Performance regressions in v2.13

issue_recorded
977

#1

I’m experiencing some performance issues in “extract from micrographs” in the latest version.

Previously, I could extract 957k particles from 1150 micrographs in 802 seconds. Currently I have a job trying to extract ~5E6 particles from 4400 micrographs, which has processed 2750 of 4487 micrographs in 55,739 seconds. These are different subsets of the same data, with the same box size. It’s a large number of particles, but I’d expect roughly linear scaling given the other parameters are the same.

I also think there are some issues with inspect picks and curate micrographs. I’m not completely sure because the final measured runtimes seem reasonable but the initial “running” phase takes a very long time.


#2

Just as a data point, I think I have always had those performance issues with particle extraction, even in previous versions. Currently trying to extract 2.4M particles from 5000 micrographs, and it’s projected to take ~35000s paralellized over 4 GPUs - in Relion that would be a few minutes split over 40 CPUs

Oli


#3

Does it seem linear with the particle count? I’ve never really worked with this many particles before my current dataset. Maybe there’s something causing poor scaling with a sudden inflection point.


#4

definitely there is some non linearity. My previous extraction job from a subset of 180 micrographs from the same dataset (and same box etc) took 172s to extract 62000 particles from 180 mics, using a single GPU…


#5

And looking at the log file of the current big extraction, it took 1318s for the first 200 mics (spread over 4 GPUs). So about 30x slower, particle for particle, for the extraction with more particles


#6

Hi @DanielAsarnow, @olibclarke,

In v2.13+, the Inspect Picks job includes calculations to calibrate the picking score- can you try running this job with the parameter turned off and compare speeds?

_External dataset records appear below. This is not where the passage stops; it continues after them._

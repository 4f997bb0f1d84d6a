-- ===== src/Protocol/Reply.antt =====
-- What a handler owes to a verdict, and what the CATCH clauses make of it.
use mathlib.Core.Path.{subst}
use ledger_sovereign.Base.{
  suc, replicate, ap, ◌∙◌, ◌<◌, ℕ, ◌+◌, ◌/◌, ◌%◌, ◌^◌, ◌≡◌, ◌≢◌, ◌≤◌, refl, arith, none, some, List,
  [], ◌∷◌, ◌++◌, bit_or, length, take,
}
use ledger_sovereign.Base.Memory.{length-copy_into}
use ledger_sovereign.Platform.{Platform, IsSane}
use ledger_sovereign.Tx.{tx_get_buffer}
use ledger_sovereign.Tx.Parse.{Shows}
use ledger_sovereign.Device.{Review, Device, Outcome, returned, thrown, choose, write_bytes}
use ledger_sovereign.Codes.Wire.{status}
use ledger_sovereign.Apdu.{status_word, byte_of, report, catch_code}
use ledger_sovereign.Apdu.Report.{thrown_code_replies}
use ledger_sovereign.Apdu.Upload.{Upload}
use ledger_sovereign.Apdu.Refine.{upload}
use ledger_sovereign.Protocol.{Verdict, reply, ask_address, ask_sign}

-- A key of 32 bytes and the text behind it are in the buffer, and then zeros, which end the text.
abbrev pub Displays : {B : Type 0} → List ℕ → Device B → Type 0
Displays answer d = (32 ≤ length answer) × (n : ℕ) × (d.apdu ≡ answer ++ replicate (suc n) 0)

-- The address is in the buffer, and the user is asked about it.
abbrev pub AsksAddress : {B : Type 0} → Platform B → List ℕ → List ℕ → Device B → Type 0
AsksAddress p path answer d' =
    (d'.review ≡ some Review.address)
    × (d'.hd_path ≡ path)
    × (d'.addr_response_len ≡ length answer)
    × (take (length answer) d'.apdu ≡ answer)
    × (length d'.apdu ≡ p.apdu_size)
    × (length answer + 2 ≤ p.apdu_size)
    × Displays answer d'

-- The user is asked about the message, which is in the transaction buffer and on the screen.
abbrev pub AsksSign : {B : Type 0} → Platform B → List ℕ → List ℕ → Device B → Type 0
AsksSign p path message d' =
    (d'.review ≡ some Review.transaction)
    × (d'.hd_path ≡ path)
    × (tx_get_buffer p.buffering d'.txs ≡ message)
    × Shows d'.txs message
    × (length d'.apdu ≡ p.apdu_size)

-- A command has been received: nothing is in the reply yet, and no review is on the screen.
pub record Fresh {B : Type 0} (p : Platform B) (d : Device B) : Type 0 where
  pub tx : d.tx ≡ 0
  pub flags : d.flags ≡ 0
  pub review : d.review ≡ none
  pub size : length d.apdu ≡ p.apdu_size

-- A handler with a verdict: it throws the code behind the answer, or returns with a question.
abbrev pub Yields :
    {B : Type 0} → Platform B → Upload × Verdict → Outcome (Unit {0}) × Device B → Type 0
Yields p (u, reply bytes e) (o, d') =
    (o ≡ thrown e)
    × (e ≢ p.io_reset)
    × (upload p d' ≡ u)
    × (d'.review ≡ none)
    × (d'.flags ≡ 0)
    × (d'.tx ≡ length bytes)
    × (take (length bytes) d'.apdu ≡ bytes)
    × (length d'.apdu ≡ p.apdu_size)
    × (length bytes + 2 ≤ p.apdu_size)
Yields p (u, ask_address path answer) (o, d') =
    (o ≡ returned tt)
    × (upload p d' ≡ u)
    × (d'.flags ≡ bit_or 0 p.io_asynch_reply)
    × AsksAddress p path answer d'
Yields p (u, ask_sign path message) (o, d') =
    (o ≡ returned tt)
    × (upload p d' ≡ u)
    × (d'.flags ≡ bit_or 0 p.io_asynch_reply)
    × AsksSign p path message d'

-- handleApdu with a verdict: it returns, and the first `*tx` bytes of the buffer are the answer and
-- the status word, or the user is asked and IO_ASYNCH_REPLY is set.
abbrev pub Conforms :
    {B : Type 0} → Platform B → Upload × Verdict → Outcome (Unit {0}) × Device B → Type 0
Conforms p (u, reply bytes e) (o, d') =
    (o ≡ returned tt)
    × (upload p d' ≡ u)
    × (d'.review ≡ none)
    × (d'.flags ≡ 0)
    × (d'.tx ≡ length bytes + 2)
    × (take (length bytes + 2) d'.apdu ≡ bytes ++ status e / 2 ^ 8 % 2 ^ 8 ∷ status e % 2 ^ 8 ∷ [])
    × (length d'.apdu ≡ p.apdu_size)
Conforms p (u, ask_address path answer) (o, d') =
    (o ≡ returned tt)
    × (upload p d' ≡ u)
    × (d'.flags ≡ bit_or 0 p.io_asynch_reply)
    × AsksAddress p path answer d'
Conforms p (u, ask_sign path message) (o, d') =
    (o ≡ returned tt)
    × (upload p d' ≡ u)
    × (d'.flags ≡ bit_or 0 p.io_asynch_reply)
    × AsksSign p path message d'

module _ {B : Type 0} (p : Platform B) (sane : IsSane p.build) where
  pub resets : (e : ℕ) → 4096 ≤ e → e ≢ p.io_reset
  resets e h same = let small : p.io_reset < 4096 = sane.reset_small in omega (arith, same)

  -- A code alone, from a handler that has written nothing to the reply.
  pub plain_Yields :
      (u : Upload) (e : ℕ) (run : Outcome (Unit {0}) × Device B) (d1 : Device B)
      → e ≢ p.io_reset
      → run ≡ (thrown e, d1)
      → upload p d1 ≡ u
      → Fresh p d1
      → Yields p (u, reply [] e) run
  plain_Yields u e run d1 other h up fresh =
      let room : 260 ≤ p.apdu_size = sane.room in
      rw h (refl, other, up, fresh.review, fresh.flags, fresh.tx, refl, fresh.size, omega arith)

  report_keeps :
      (e : ℕ) (d : Device B)
      → let d' = (report p e d).1 in
        (upload p d' ≡ upload p d)
        × (d'.review ≡ d.review)
        × (d'.flags ≡ d.flags)
        × (length d'.apdu ≡ length d.apdu)
  unfolding report choose write_bytes
  report_keeps e d = ground (
    arith,
    length-copy_into d.apdu d.tx (byte_of (status_word e) 1 ∷ byte_of (status_word e) 0 ∷ []),
  )

  caught_reply :
      (e : ℕ) (d : Device B)
      → let d' = (catch_code p (thrown e, d)).1 in
        (upload p d' ≡ upload p d)
        × (d'.review ≡ d.review)
        × (d'.flags ≡ d.flags)
        × (length d'.apdu ≡ length d.apdu)
  unfolding catch_code
  caught_reply e d = report_keeps e d

  pub Yields→Conforms :
      (u : Upload) (v : Verdict) (o : Outcome (Unit {0})) (d : Device B)
      → Yields p (u, v) (o, d)
      → Conforms p (u, v) (catch_code p (o, d))
  unfolding catch_code
  Yields→Conforms u (reply bytes e) o d (throws, other, up, idle, flags, count, front, size, room) =
      let d' : Device B = (catch_code p (thrown e, d)).1 in
      let w : ℕ = status e in
      let word : List ℕ = w / 2 ^ 8 % 2 ^ 8 ∷ w % 2 ^ 8 ∷ [] in
      let small : p.apdu_size < 65536 = sane.word_size in
      let (done, next, text) = thrown_code_replies p e d other (omega arith) (omega arith) in
      let (up', idle', flags', size') = caught_reply e d in
      rw throws (
        done,
        up' ∙ up,
        idle' ∙ idle,
        flags' ∙ flags,
        next ∙ ap (λ n. n + 2) count,
        subst (λ n. take (n + 2) d'.apdu ≡ take n d.apdu ++ word) count text
            ∙ ap (λ l. l ++ word) front,
        size' ∙ size,
      )
  Yields→Conforms u (ask_address path answer) o d (done, up, flags, asks) =
      rw (done, catch_code) (refl, up, flags, asks)
  Yields→Conforms u (ask_sign path message) o d (done, up, flags, asks) =
      rw (done, catch_code) (refl, up, flags, asks)
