-- ===== src/Session/Simulate.antt =====
-- When the device is in a state of the machine of `Protocol.Machine`, and what it means that one step
-- of the device follows one of the machine.
pub mod Commands
pub mod Buttons
pub mod Behaviour
pub mod Secrecy
pub mod Keys
pub mod Consent
pub mod Screen
pub mod Answers
pub mod Signing
pub mod Explained
pub mod History
use ledger_sovereign.Base.{ℕ, ◌+◌, ◌≡◌, ◌≤◌, ◌<◌, Option, none, some, List, length, take}
use ledger_sovereign.Platform.{Platform}
use ledger_sovereign.Tx.{tx_get_buffer}
use ledger_sovereign.Device.{Review, Device}
use ledger_sovereign.Apdu.Upload.{Upload}
use ledger_sovereign.Apdu.Refine.{upload}
use ledger_sovereign.Protocol.Laws.{IsUsual}
use ledger_sovereign.Protocol.Machine.{
  Event, command, fragment, approve, reject, State, waiting, asking_address, asking_sign,
}
use ledger_sovereign.Protocol.Reply.{Displays}
use ledger_sovereign.Session.Safety.{IsSafe}

-- What every state of the device has: the invariant, and a buffer of the build's size.
abbrev pub Steady : {B : Type 0} → Platform B → Upload → Device B → Type 0
Steady p u d = IsSafe p d × (length d.apdu ≡ p.apdu_size) × (upload p d ≡ u)

-- The device is in a state of the machine.
abbrev pub Matches : {B : Type 0} → Platform B → Device B → State → Type 0
Matches p d (waiting u) = Steady p u d × (d.review ≡ none)
Matches p d (asking_address u shown) =
    Steady p u d
    × (d.review ≡ some Review.address)
    × (d.addr_response_len ≡ length shown)
    × (take (length shown) d.apdu ≡ shown)
    × (length shown + 2 ≤ p.apdu_size)
    × Displays shown d
Matches p d (asking_sign u path message) =
    Steady p u d
    × (d.review ≡ some Review.transaction)
    × (d.hd_path ≡ path)
    × (tx_get_buffer p.buffering d.txs ≡ message)

-- The moments of an event are usual, and a payload has its length in one byte.
abbrev pub Possible : {B : Type 0} → Platform B → Event → Type 0
Possible p (command now class ins p1 p2 l payload) = (length payload ≤ 255) × IsUsual p now
Possible p (fragment now class rest) = (length rest < 4) × IsUsual p now
Possible p (approve now) = IsUsual p now
Possible p (reject now) = IsUsual p now

-- The same reply, and states that match again.
abbrev pub Follows :
    {B : Type 0} → Platform B → Option (List ℕ) × Device B → Option (List ℕ) × State → Type 0
Follows p (r, d) (r', s) = (r ≡ r') × Matches p d s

Thanks for reporting, we’re going to do some benchmarks and see whats wrong here- can you help us narrow down potential testing datasets?

What size were the images?
What box size did you use to extract?
How many particle picks per image were being extracted?
How many GPUs did you use?


#7

Here are the numbers for the two jobs I was comparing. I will clone and re-run the original job with the smaller number of images and see if seem attributable to the cryosparc version or just the size of the data.

Image size: 5760x4092 (K3 1x)
Box size: 288 -> 72 vs 288 -> 48
Particles / image: 858.4 vs 840.2
Images: 1115 vs 4487
Time: 801.7s vs 91261.2s
Time per image: 0.719s vs 20.34s
GPUs: 2 (GTX 1080 Ti)

Update

I repeated the first job (1115 micrographs) by creating a new extraction job (not a clone), then setting up the same input parameters. The job took 4946.49s, so around 6 times longer in 2.13.2 than 2.12.


#8

Hi @DanielAsarnow , thanks for that information. We’re definitely seeing the same ~20s per image time and are investigating what’s wrong. Will update when we know more.


#9

I also have the slow extraction problem (~35s per image). Also, I use 3 GPUs, but somehow two of them died in the beginning (no error messages) but images that are handled by those 2 GPUs did not get extracted, and the program just keep running with 1 GPUs working. Perhaps the GPU issue is because there is something wrong with my workstation.